Askia Booker made a bad decision

There are so many factors that athletes must weigh when making decisions regarding what’s best for their careers. Like any career decision, they must think about what’s best for their families, health, money, etc. But unlike most 9-to-5 jobs, their window of career earning power is much smaller. This is what makes questioning their decisions a sticky situation.

Ultimately, everyone – pundits and fans alike – must remember that when it comes to an individual’s career, they must be allowed to do what’s best for them. This brings us to Askia Booker.

Earlier this week, Booker made the decision to tap out of the College Basketball Invitational tournament. The Colorado senior has yet to give the exact rationale for his decision, but common sense tells us that he doesn’t think the CBI is worth his time. Booker battled hip soreness down the stretch this season and looks to be using his last few months in Boulder to rest for his next step in basketball – most likely a professional career overseas. This decision has generated opinions on both sides of the spectrum.

“Booker is the ultimate quitter!”

“Askia is an American hero!”

Both sides need to cool it with the hyperbole. Booker did what he felt was right for him, but was it the right decision?

Before diving into his decision, there are a couple of things we must put on the table.

First, the CBI is total joke; there’s no doubt about it. It’s a third-tier pay-to-play postseason tournament that means nothing. Colorado is the only school from a major conference that accepted a bid; they’re also the only school with a losing record in the tournament. Why they were invited and why they accepted that invite is a mystery.

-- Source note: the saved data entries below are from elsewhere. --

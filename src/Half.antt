-- ===== src/Half.antt =====
-- The conversions of 16-bit floats in dee.cpp/src/weight_mmap.cpp, `bf16_to_f32` and `f16_to_f32`,
-- on bit patterns: the last step of both copies the bits of `u` into a `float`.
pub mod Value
pub mod Convert
use dee.Prelude.{
  ℕ, zero, suc, ◌+◌, ◌-◌, ◌*◌, ◌/◌, ◌%◌, ◌^◌, ◌≡◌, Bool, true, false, ◌==◌, if◌then◌else◌,
}

-- `uint32_t` shifts to the left drop what leaves the word.
abbrev pub shift_left : ℕ → ℕ → ℕ
shift_left a k = a * 2 ^ k % 2 ^ 32

unfoldable pub bf16_to_f32 : ℕ → ℕ
bf16_to_f32 h = shift_left h 16

abbrev pub sign_of : ℕ → ℕ
sign_of h = h / 2 ^ 15 % 2

abbrev pub exp_of : ℕ → ℕ
exp_of h = h / 2 ^ 10 % 32

abbrev pub mant_of : ℕ → ℕ
mant_of h = h % 1024

-- The loop on a subnormal: `mant`, and `s` for `-e`. Ten rounds reach bit 10 from bit 0.
unfoldable pub normalize : ℕ → ℕ → ℕ → ℕ × ℕ
normalize zero mant s = (mant, s)
normalize (suc fuel) mant s =
    let rest : ℕ × ℕ = normalize fuel (shift_left mant 1) (suc s) in
    if mant / 1024 % 2 == 0 then rest else (mant, s)

-- The three fields put together; they do not overlap, so that `|` adds.
unfoldable pub fields : ℕ → ℕ → ℕ → ℕ
fields sign exp mant = shift_left sign 31 + shift_left exp 23 + shift_left mant 13

-- A subnormal that the loop has left with `mant` and `s`: the exponent is `127 - 15 - e`.
unfoldable pub subnormal_bits : ℕ → ℕ × ℕ → ℕ
subnormal_bits sign (mant, s) = fields sign (127 - 15 + s) (mant % 1024)

-- `exp - 15 + 127` wraps and wraps back.
unfoldable pub f16_to_f32 : ℕ → ℕ
f16_to_f32 h =
    if exp_of h == 0
    then (if mant_of h == 0
        then shift_left (sign_of h) 31
        else subnormal_bits (sign_of h) (normalize 10 (mant_of h) 0))
    else if exp_of h == 31
    then fields (sign_of h) 255 (mant_of h)
    else fields (sign_of h) (((exp_of h + 2 ^ 32 - 15) % 2 ^ 32 + 127) % 2 ^ 32) (mant_of h)
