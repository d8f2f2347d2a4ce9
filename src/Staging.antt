-- ===== src/Staging.antt =====
-- The staging of experts by `class Engine` of dee.cpp/src/engine.cpp: `avail_layer` and
-- `get_staging`. The shard is read-only memory, and the resolver, which finds a projection's
-- bytes in it, is a parameter. A staged blob is a vector of floats, each by its bits.
pub mod Blob
use dee.Prelude.{ℕ, zero, suc, ◌+◌, ◌*◌, ◌%◌, ◌^◌, ◌≡◌, Option, none, some, ◌==◌, if◌then◌else◌}
use dee.Map.{Map, find, assign}
use dee.Half.{bf16_to_f32}
use dee.Device.{num_eq}
use dee.Prefetch.{Memory}

pub data Projection : Type 0 where
  gate_proj : Projection
  up_proj : Projection
  down_proj : Projection

-- `layer`, `expert` and projection to the address of the tensor's data; `none` where it is not ok.
abbrev pub Resolver : Type 0
Resolver = ℕ → ℕ → Projection → Option ℕ

-- The members that staging uses.
pub record Engine : Type 0 where
  pub hidden : ℕ
  pub inter : ℕ
  pub staging : Map ℕ (ℕ → ℕ)

unfoldable pub avail_layer : Resolver → ℕ → ℕ
avail_layer resolve layer = elim (resolve 0 0 gate_proj) [ some _ ↦ 0 | none ↦ layer ]

-- `*(const uint16_t*)a`, the low byte first.
unfoldable pub read_u16 : Memory → ℕ → ℕ
read_u16 shard a = shard a + 256 * shard (a + 1)

-- `for (i < n) blob[off + i] = bf16_to_f32(*(const uint16_t*)(data + i * 2));`
unfoldable pub fill : ℕ → Memory → ℕ → ℕ → (ℕ → ℕ) → ℕ → ℕ
fill zero shard data_at off blob = blob
fill (suc i) shard data_at off blob =
    let before : ℕ → ℕ = fill i shard data_at off blob in
    λ k. if k == off + i then bf16_to_f32 (read_u16 shard (data_at + i * 2)) else before k

-- The blob of an expert: gate, up and down, one behind the other.
unfoldable pub new_blob : ℕ → ℕ → Memory → ℕ → ℕ → ℕ → ℕ → ℕ
new_blob inter hidden shard gate up down =
    let gh : ℕ = inter * hidden in
    fill (hidden * inter) shard down (2 * gh) (fill gh shard up gh (fill gh shard gate 0 (λ _. 0)))

unfoldable pub get_staging : Resolver → Memory → Engine → ℕ → Option (ℕ → ℕ) × Engine
get_staging resolve shard e expert = elim (find expert e.staging) [
  | some blob ↦ (some blob, e)
  | none ↦
      let sl : ℕ = avail_layer resolve 0 in
      elim (resolve sl expert gate_proj) [
        | none ↦ (none, e)
        | some gate ↦ elim (resolve sl expert up_proj) [
          | none ↦ (none, e)
          | some up ↦ elim (resolve sl expert down_proj) [
            | none ↦ (none, e)
            | some down ↦
                let blob : ℕ → ℕ = new_blob e.inter e.hidden shard gate up down in
                (some blob, record e { staging = assign expert blob e.staging })
          ]
        ]
      ]
]
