-- ===== src/Weights/Resolver.antt =====
-- The search of an expert's tensor: `class TensorResolver` and `expert_tensor_name` of
-- dee.cpp/src/weight_mmap.cpp and dee.cpp/include/dee/weight_mmap.h.
use dee.Prelude.{ℕ, List, [], ◌∷◌, ◌++◌, ◌==◌, if◌then◌else◌}
use dee.Prefetch.{Memory}
use dee.Json.{Text, codes}
use dee.Json.Print.{digits}
use dee.Staging.{Projection, gate_proj, up_proj, down_proj}
use dee.Weights.{TensorView, no_view, is_ok, WeightMmap, lookup}

abbrev pub projection_name : Projection → Text
projection_name gate_proj = codes "gate_proj"
projection_name up_proj = codes "up_proj"
projection_name down_proj = codes "down_proj"

-- A layer and an expert are numbers of an `int` that is not negative, of at most ten digits, so that
-- the buffer of 256 bytes is long enough.
unfoldable pub expert_tensor_name : ℕ → ℕ → Projection → Text
expert_tensor_name layer expert kind =
    codes "model.language_model.layers."
    ++ (digits 10 layer
        ++ (codes ".mlp.experts."
            ++ (digits 10 expert ++ (b'.' ∷ (projection_name kind ++ codes ".weight")))))

-- `class TensorResolver`: the addresses of the shards, whose objects a store holds.
abbrev pub Shards : Type 0
Shards = List ℕ

unfoldable pub register_shard : ℕ → Shards → Shards
register_shard shard shards = if shard == 0 then shards else shards ++ shard ∷ []

-- The loop of `resolve_expert`.
unfoldable pub first_ok : Memory → (ℕ → WeightMmap) → Text → Shards → TensorView
first_ok mem store name [] = no_view
first_ok mem store name (shard ∷ shards) =
    let rest : TensorView = first_ok mem store name shards in
    let v : TensorView = lookup mem (store shard) name in if is_ok v then v else rest

unfoldable pub resolve_expert : Memory → (ℕ → WeightMmap) → Shards → ℕ → ℕ → Projection → TensorView
resolve_expert mem store shards layer expert kind =
    first_ok mem store (expert_tensor_name layer expert kind) shards
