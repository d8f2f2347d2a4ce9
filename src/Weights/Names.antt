-- ===== src/Weights/Names.antt =====
-- The names of the experts' tensors, `expert_tensor_name` of dee.cpp/src/weight_mmap.cpp.
use dee.Prelude.{
  ℕ, ◌+◌, ◌*◌, ◌-◌, ◌^◌, ◌<◌, ◌≡◌, refl, sym, ap, ◌∙◌, false, [], ◌∷◌, ◌++◌, arith, All,
}
use dee.Json.{Text, codes, peek, is_digit, read_digits}
use dee.Json.Print.{digits}
use dee.Json.Number.{IsDigit, digits-IsDigit, digits_value}
use dee.Staging.{Projection, gate_proj, up_proj, down_proj}
use dee.Weights.Resolver.{projection_name, expert_tensor_name}

-- Digits before something else are read as if they stood alone.
read_digits-append :
    (ds rest : Text) (n : ℕ)
    → All IsDigit ds
    → is_digit (peek rest) ≡ false
    → read_digits n (ds ++ rest) ≡ read_digits n ds
unfolding read_digits
read_digits-append [] [] n a s = refl
read_digits-append [] (c ∷ rest) n a s = rw s refl
read_digits-append (d ∷ ds) rest n a s =
    rw (a.0) (read_digits-append ds rest (n * 10 + (d - b'0')) a.1 s)

pub append_cancel : (xs ys zs : Text) → xs ++ ys ≡ xs ++ zs → ys ≡ zs
append_cancel [] ys zs e = e
append_cancel (x ∷ xs) ys zs e = append_cancel xs ys zs (cc e)

-- A number of at most ten digits and what follows it can be told from the text.
pub digits_split :
    (m n : ℕ) (s t : Text)
    → m < 10 ^ 10
    → n < 10 ^ 10
    → is_digit (peek s) ≡ false
    → is_digit (peek t) ≡ false
    → digits 10 m ++ s ≡ digits 10 n ++ t
    → (m ≡ n) × (s ≡ t)
digits_split m n s t hm hn ds dt e =
    let same : m ≡ n =
      sym (read_digits-append (digits 10 m) s 0 (digits-IsDigit 10 m) ds ∙ digits_value 10 m hm)
      ∙ ap (read_digits 0) e
      ∙ read_digits-append (digits 10 n) t 0 (digits-IsDigit 10 n) dt
      ∙ digits_value 10 n hn in
    (same, append_cancel (digits 10 m) s t (e ∙ ap (λ k. digits 10 k ++ t) (sym same)))

projection_injective :
    (p q : Projection)
    → projection_name p ++ codes ".weight" ≡ projection_name q ++ codes ".weight"
    → p ≡ q
projection_injective gate_proj gate_proj e = refl
projection_injective gate_proj up_proj e = absurd (omega (arith, ap peek e))
projection_injective gate_proj down_proj e = absurd (omega (arith, ap peek e))
projection_injective up_proj gate_proj e = absurd (omega (arith, ap peek e))
projection_injective up_proj up_proj e = refl
projection_injective up_proj down_proj e = absurd (omega (arith, ap peek e))
projection_injective down_proj gate_proj e = absurd (omega (arith, ap peek e))
projection_injective down_proj up_proj e = absurd (omega (arith, ap peek e))
projection_injective down_proj down_proj e = refl

-- Tensors of different layers, experts or projections have different names.
pub expert_tensor_name_injective :
    (layer expert layer' expert' : ℕ) (kind kind' : Projection)
    → layer < 2 ^ 31
    → expert < 2 ^ 31
    → layer' < 2 ^ 31
    → expert' < 2 ^ 31
    → expert_tensor_name layer expert kind ≡ expert_tensor_name layer' expert' kind'
    → (layer ≡ layer') × (expert ≡ expert') × (kind ≡ kind')
unfolding expert_tensor_name
expert_tensor_name_injective layer expert layer' expert' kind kind' a b a' b' e =
    let tail : ℕ → Projection → Text =
      λ x k. digits 10 x ++ (b'.' ∷ (projection_name k ++ codes ".weight")) in
    let last : Projection → Text = λ k. b'.' ∷ (projection_name k ++ codes ".weight") in
    let one =
      append_cancel (codes "model.language_model.layers.")
        (digits 10 layer ++ (codes ".mlp.experts." ++ tail expert kind))
        (digits 10 layer' ++ (codes ".mlp.experts." ++ tail expert' kind')) e in
    let (layers, two) =
      digits_split layer layer' (codes ".mlp.experts." ++ tail expert kind)
        (codes ".mlp.experts." ++ tail expert' kind') (omega arith) (omega arith) refl refl one in
    let three = append_cancel (codes ".mlp.experts.") (tail expert kind) (tail expert' kind') two in
    let (experts, four) =
      digits_split expert expert' (last kind) (last kind') (omega arith) (omega arith) refl refl
        three in
    (
      layers,
      experts,
      projection_injective kind kind' (
          append_cancel (b'.' ∷ []) (projection_name kind ++ codes ".weight")
            (projection_name kind' ++ codes ".weight") four),
    )
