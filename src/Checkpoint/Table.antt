-- ===== src/Checkpoint/Table.antt =====
-- The table of tensors that `PtLoader::parse_pickle` of dee.cpp/src/pt_loader.cpp makes.
use dee.Prelude.{
  ℕ, zero, suc, ◌+◌, ◌-◌, ◌/◌, ◌%◌, ◌^◌, ◌≤◌, ◌<◌, ◌≡◌, refl, sym, ap, ◌∙◌, Bool, true, false,
  Option, none, some, [], ◌∷◌, ◌++◌, arith, ltb, leb, ◌&&◌, ◌==◌, if◌then◌else◌, inl, inr,
  Bool-cases, length,
}
use dee.Map.{Map, find, assign}
use dee.Map.Laws.{find-assign, length-assign}
use dee.Json.{Text, codes, text_eq}
use dee.Json.Print.{digits}
use dee.Json.Texts.{text_eq_refl}
use dee.Weights.{text_key, text_eq_iff}
use dee.Weights.Names.{digits_split, append_cancel}
use dee.Bytes.{at}
use dee.Checkpoint.{PtTensor}
use dee.Checkpoint.Pickle.{local_name, full_name, tensor_of, add_tensors}

-- The number of a local name.
local_number : Text → ℕ
local_number s = (at s 4 - b'0') + (if at s 6 == b'b' then 1 else 0)

local_number-local_name : (k : ℕ) → k < 6 → local_number (local_name k) ≡ k
unfolding local_number local_name at
local_number-local_name zero h = refl
local_number-local_name (suc zero) h = refl
local_number-local_name (suc (suc zero)) h = refl
local_number-local_name (suc (suc (suc zero))) h = refl
local_number-local_name (suc (suc (suc (suc zero)))) h = refl
local_number-local_name (suc (suc (suc (suc (suc zero))))) h = refl
local_number-local_name (suc (suc (suc (suc (suc (suc k)))))) h = absurd (omega arith)

abbrev pub name_of : ℕ → Text
name_of g = full_name (g / 6) (local_name (g % 6))

name_of_injective : (g h : ℕ) → g < 2 ^ 31 → h < 2 ^ 31 → name_of g ≡ name_of h → g ≡ h
unfolding full_name
name_of_injective g h bg bh e =
    let rest =
      append_cancel (codes "layers.") (digits 10 (g / 6) ++ (b'.' ∷ local_name (g % 6)))
        (digits 10 (h / 6) ++ (b'.' ∷ local_name (h % 6))) e in
    let (layers, locals) =
      digits_split (g / 6) (h / 6) (b'.' ∷ local_name (g % 6)) (b'.' ∷ local_name (h % 6))
        (omega arith) (omega arith) refl refl rest in
    let same : g % 6 ≡ h % 6 =
      sym (local_number-local_name (g % 6) (omega arith))
      ∙ ap local_number (append_cancel (b'.' ∷ []) (local_name (g % 6)) (local_name (h % 6)) locals)
      ∙ local_number-local_name (h % 6) (omega arith) in
    omega (arith, layers, same)

text_eq-name_of : (g h : ℕ) → g < 2 ^ 31 → h < 2 ^ 31 → text_eq (name_of g) (name_of h) ≡ (g == h)
text_eq-name_of g h bg bh = elim (Bool-cases (g == h)) [
  | inl same ↦
      let e : g ≡ h = ground (arith, same) in
      ap (λ x. text_eq (name_of x) (name_of h)) e ∙ text_eq_refl (name_of h) ∙ sym same
  | inr other ↦ elim (Bool-cases (text_eq (name_of g) (name_of h))) [
    | inl hit ↦ absurd (
        ground
          (arith, other, name_of_injective g h bg bh ((text_eq_iff (name_of g) (name_of h)).0 hit)))
    | inr miss ↦ miss ∙ sym other
  ]
]

abbrev pub in_table : ℕ → ℕ → ℕ → Bool
in_table k g h = leb g h && ltb h (g + k)

grow :
    (k g h : ℕ) (o : Option PtTensor)
    → (if in_table k (g + 1) h
        then some (tensor_of h)
        else if g == h
        then some (tensor_of g)
        else o)
      ≡ (if in_table (suc k) g h then some (tensor_of h) else o)
grow k g h o = elim (Bool-cases (g == h)) [
  | inl same ↦
      let e : g ≡ h = ground (arith, same) in
      let out : in_table k (g + 1) h ≡ false = ground (arith, e) in
      let inside : in_table (suc k) g h ≡ true = ground (arith, e) in
      rw (out, same, inside) (ap (λ x. some (tensor_of x)) e)
  | inr other ↦
      let equal : in_table k (g + 1) h ≡ in_table (suc k) g h = ground (arith, other) in
      rw (equal, other) refl
]

pub find-add_tensors :
    (k g h : ℕ) (ts : Map Text PtTensor)
    → g + k ≤ 2 ^ 31
    → h < 2 ^ 31
    → find (name_of h) (add_tensors k g ts)
      ≡ (if in_table k g h then some (tensor_of h) else find (name_of h) ts)
unfolding add_tensors tensor_of
find-add_tensors zero g h ts b bh = ground arith
find-add_tensors (suc k) g h ts b bh =
    find-add_tensors k (g + 1) h (assign (name_of g) (tensor_of g) ts) (omega (arith, b)) bh
    ∙ ap (λ x. if in_table k (g + 1) h then some (tensor_of h) else x)
        (find-assign (name_of g) (name_of h) (tensor_of g) ts
          ∙ ap (λ x. if x then some (tensor_of g) else find (name_of h) ts)
              (text_eq-name_of g h (omega (arith, b)) bh))
    ∙ grow k g h (find (name_of h) ts)

-- No tensor from `g` on is in the table.
abbrev pub Fresh : ℕ → Map Text PtTensor → Type 0
Fresh g ts = (h : ℕ) → g ≤ h → h < 2 ^ 31 → find (name_of h) ts ≡ none

Fresh-assign :
    (g : ℕ) (ts : Map Text PtTensor)
    → Fresh g ts
    → g < 2 ^ 31
    → Fresh (g + 1) (assign (name_of g) (tensor_of g) ts)
Fresh-assign g ts f b h le bh =
    let differs : (g == h) ≡ false = ground arith in
    find-assign (name_of g) (name_of h) (tensor_of g) ts
    ∙ ap (λ x. if x then some (tensor_of g) else find (name_of h) ts)
        (text_eq-name_of g h b bh ∙ differs)
    ∙ f h (omega (arith, le)) bh

pub length-add_tensors :
    (k g : ℕ) (ts : Map Text PtTensor)
    → g + k ≤ 2 ^ 31
    → Fresh g ts
    → length (add_tensors k g ts) ≡ length ts + k
unfolding add_tensors tensor_of
length-add_tensors zero g ts b f = omega arith
length-add_tensors (suc k) g ts b f = omega (
  arith,
  length-add_tensors k (g + 1) (assign (name_of g) (tensor_of g) ts) (omega (arith, b))
      (Fresh-assign g ts f (omega (arith, b))),
  length-assign (name_of g) (tensor_of g) ts (f g (omega arith) (omega (arith, b))),
)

Second, Booker doesn’t owe the university or Tad Boyle anything more. Boyle and the university have made millions off of Booker and his contributions in helping to rebuild a dormant basketball program. Playing in the CBI doesn’t change the fact that he deserves major credit for putting CU basketball on the map.

With all of that, Booker should still have been in uniform last night; he owes it to his teammates.

Team sports are a brotherhood. Players remind us all the time that their top priority is battling nightly for the guy next to them. Booker’s willingness to push that aside is his biggest sin.

Alec Burks was in a very similar situation in 2011 when the Buffs were left out of the NCAA tournament. Boyle’s disappointed squad was NIT bound, a tournament that Burks could easily have decided wasn’t in his best interest. Rather than bailing on his team, however, Burks was arguably the best player in the tournament.

Now, you can argue that NIT is a much better tournament than the CBI; that definitely wouldn’t be wrong. But also remember that Burks had way more on the line. As a projected lottery pick (eventually taken 12th overall by the Utah Jazz), it would have been very reasonable for Burks to sit out for fear of injury. The money Booker stands to make pales in comparison to the guaranteed money Burks could have lost out on had something catastrophic happened.

If Booker’s decision is rooted in the idea of letting younger players such as Dom Collier get more playing time, as some have suggested, that’s understandable and quite commendable. But why can’t he sit on the bench in uniform to cheer those guys on, provide advice and help them prepare in practice? That’s what those players have done for him all year.

Being a mentor and a leader shouldn’t be dependent on whether or not one feels like a game is pointless or not. If this is the type of leadership Booker provided all year, it speaks volumes about CU’s extremely disappointing season.

Booker was noticeably absent last night for the Buffs CBI opener at the Coors Event Center. That’s extremely disappointing and an extremely selfish decision. Not only did he choose to tap out before the season was over, but he couldn’t even be bothered to cheer on teammates that have stood by him all season long. Booker unquestionably let down every player on the bench last night.

At the very least, he owed his teammates the respect to show up and support them, just as they’ve supported him throughout a tough season. Booker is guilty of the ultimate sin in team sports, thinking he was bigger than the team.

Unfortunately, his selfishness will define his career at CU.

Booker didn’t owe it to the university to play or even show up. He didn’t owe it to Boyle and he didn’t owe it to the fans (1,500 of them that showed up last night). Askia Booker owed it to the guys in the locker room to be there with them until the end.

That’s what he forgot to weigh when making his decision. Booker’s decision revealed that his leadership and sense of team are as meaningless as the tournament he’s skipping.